До новой темницы – тридцать саженей. Тридцать саженей неба и света, последнего неба, последнего света.
Их толкнули во тьму, они упали больно, но на мягкое. Ощупали – земля. Сильно пахло землей.
– Покормите их! – приказал дьяк. В яму бросили полдюжины сухарей.
– Воды бы испить! – попросила Евдокия.
– Будет вам и вода, – сказал Кузмищев, посмеиваясь. – Завтра. Не желали жить боярынями да княгинями – живите червями!
И пошло. Завтра вода, а сухари послезавтра. Послепослезавтра – по морковке да по соленому огурцу. И совсем забыли, а вспомнив, опустили на веревке ведро воды. Пейте, сколько влезет. А чтоб оставить хоть ковш на завтра – налить не в чего. Единственная посудина – горсть.
– Величает нас Господь, Исус Сладчайший, своими муками! – крикнула Евдокия тюремщикам, а они люди подневольные, да ведь и храбрые. Один принес в шапке огурцов молоденьких, кинул, а сам руками показывает: скорее подберите.

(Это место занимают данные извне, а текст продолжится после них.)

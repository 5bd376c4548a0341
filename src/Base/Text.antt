-- ===== src/Base/Text.antt =====
-- Python's `str` methods that the code calls, on native texts.
use Prim.Native.Nat.{ℕ, suc, ◌+◌, ◌-◌}
use mathlib.Core.List.{List, [], ◌∷◌}
use Prim.Native.Char.{Char, code}
use Prim.Native.String.{String, char_at}
use mathlib.Core.Bool.{Bool, true, false, ◌&&◌, ◌||◌}
use self_managed_agents.Base.Tests.{leb, ◌==◌, string_eq, nat_eq, if◌then◌else◌}

-- `str.isspace` of one character
unfoldable pub is_space : ℕ → Bool
is_space c =
    leb 9 c && leb c 13
    || leb 28 c && leb c 32
    || c == 133
    || c == 160
    || c == 5760
    || leb 8192 c && leb c 8202
    || c == 8232
    || c == 8233
    || c == 8239
    || c == 8287
    || c == 12288

unfoldable pub drop_while : (ℕ → Bool) → String → String
drop_while p String.[] = ""
drop_while p (String.◌∷◌ c s) = if p (code c) then drop_while p s else String.◌∷◌ c s

unfoldable pub take_while : (ℕ → Bool) → String → String
take_while p String.[] = ""
take_while p (String.◌∷◌ c s) = if p (code c) then String.◌∷◌ c (take_while p s) else ""

unfoldable pub rstrip : String → String
unfolding is_space
rstrip String.[] = ""
rstrip (String.◌∷◌ c s) =
    let rest = rstrip s in if rest == "" && is_space (code c) then "" else String.◌∷◌ c rest

-- `s.strip()`
unfoldable pub strip : String → String
unfolding rstrip drop_while is_space
strip s = rstrip (drop_while is_space s)

-- `s.replace(c, "")` of a one-character text
unfoldable pub without_char : ℕ → String → String
without_char k String.[] = ""
without_char k (String.◌∷◌ c s) =
    let rest = without_char k s in if code c == k then rest else String.◌∷◌ c rest

unfoldable pub all_chars : (ℕ → Bool) → String → Bool
all_chars p String.[] = true
all_chars p (String.◌∷◌ c s) = p (code c) && all_chars p s

-- the code points of a text
abbrev pub codes : String → List ℕ
codes String.[] = []
codes (String.◌∷◌ c s) = code c ∷ codes s

-- `s.lower()` and `s.upper()`, on ASCII letters
unfoldable pub to_lower : ℕ → ℕ
to_lower c = if leb b'A' c && leb c b'Z' then c + 32 else c

unfoldable pub to_upper : ℕ → ℕ
to_upper c = if leb b'a' c && leb c b'z' then c - 32 else c

-- `t.startswith(s)` and `s in t`
unfoldable pub is_prefix : List ℕ → List ℕ → Bool
is_prefix [] t = true
is_prefix (a ∷ s) [] = false
is_prefix (a ∷ s) (b ∷ t) = a == b && is_prefix s t

unfoldable pub is_infix : List ℕ → List ℕ → Bool
unfolding is_prefix
is_infix s [] = is_prefix s []
is_infix s (b ∷ t) = is_prefix s (b ∷ t) || is_infix s t

-- `c.isdigit()`, on ASCII
unfoldable pub is_digit : ℕ → Bool
is_digit c = leb b'0' c && leb c b'9'

-- `s[:n]`
unfoldable pub take_text : ℕ → String → String
take_text n String.[] = ""
take_text n (String.◌∷◌ c s) =
    let rest = take_text (n - 1) s in if n == 0 then "" else String.◌∷◌ c rest

-- `s[n:]`
unfoldable pub drop_text : ℕ → String → String
drop_text n String.[] = ""
drop_text n (String.◌∷◌ c s) =
    let rest = drop_text (n - 1) s in if n == 0 then String.◌∷◌ c s else rest

abbrev upper_char : Char → Char
upper_char c =
    if leb b'a' (code c) && leb (code c) b'z'
    then char_at "ABCDEFGHIJKLMNOPQRSTUVWXYZ" (code c - b'a')
    else c

abbrev lower_char : Char → Char
lower_char c =
    if leb b'A' (code c) && leb (code c) b'Z'
    then char_at "abcdefghijklmnopqrstuvwxyz" (code c - b'A')
    else c

-- `s.upper()` and `s.lower()` as texts
unfoldable pub upper : String → String
upper String.[] = ""
upper (String.◌∷◌ c s) = String.◌∷◌ (upper_char c) (upper s)

unfoldable pub lower : String → String
lower String.[] = ""
lower (String.◌∷◌ c s) = String.◌∷◌ (lower_char c) (lower s)

-- the characters that pass a test
unfoldable pub keep_chars : (ℕ → Bool) → String → String
keep_chars p String.[] = ""
keep_chars p (String.◌∷◌ c s) =
    let rest = keep_chars p s in if p (code c) then String.◌∷◌ c rest else rest

-- `len(s)`
abbrev pub len_text : String → ℕ
len_text String.[] = 0
len_text (String.◌∷◌ c s) = suc (len_text s)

– И огурца явно съесть не смей! – У Феодоры глаза были сухие, в словах разверзлась могила.
– Расскажи житие преподобного, какое на ум придет! – попросила Евдокия.
– Прохора Лебядника помнишь? Кормил киевлян в голод хлебом из лебеды. Украдут у него каравай – есть нельзя, горек. А который старец благословит – сладок.
– Помню, преподобный еще золу в соль обращал… Ах, и нам бы Бог дал!
– Молчи, глупая! Молчи, миленькая! Неужто тебе слаще жизнь в яме, нежели вечная, пред Господом?
– Торопиться не хочу… Чашу жизни нужно выпивать досуха.
– Помолимся, Евдокиюшка. Пусть остаток дней наших станет молитвой.
Клали поклоны, сколько было сил. От земляного тяжкого духа давило грудь. Валились замертво.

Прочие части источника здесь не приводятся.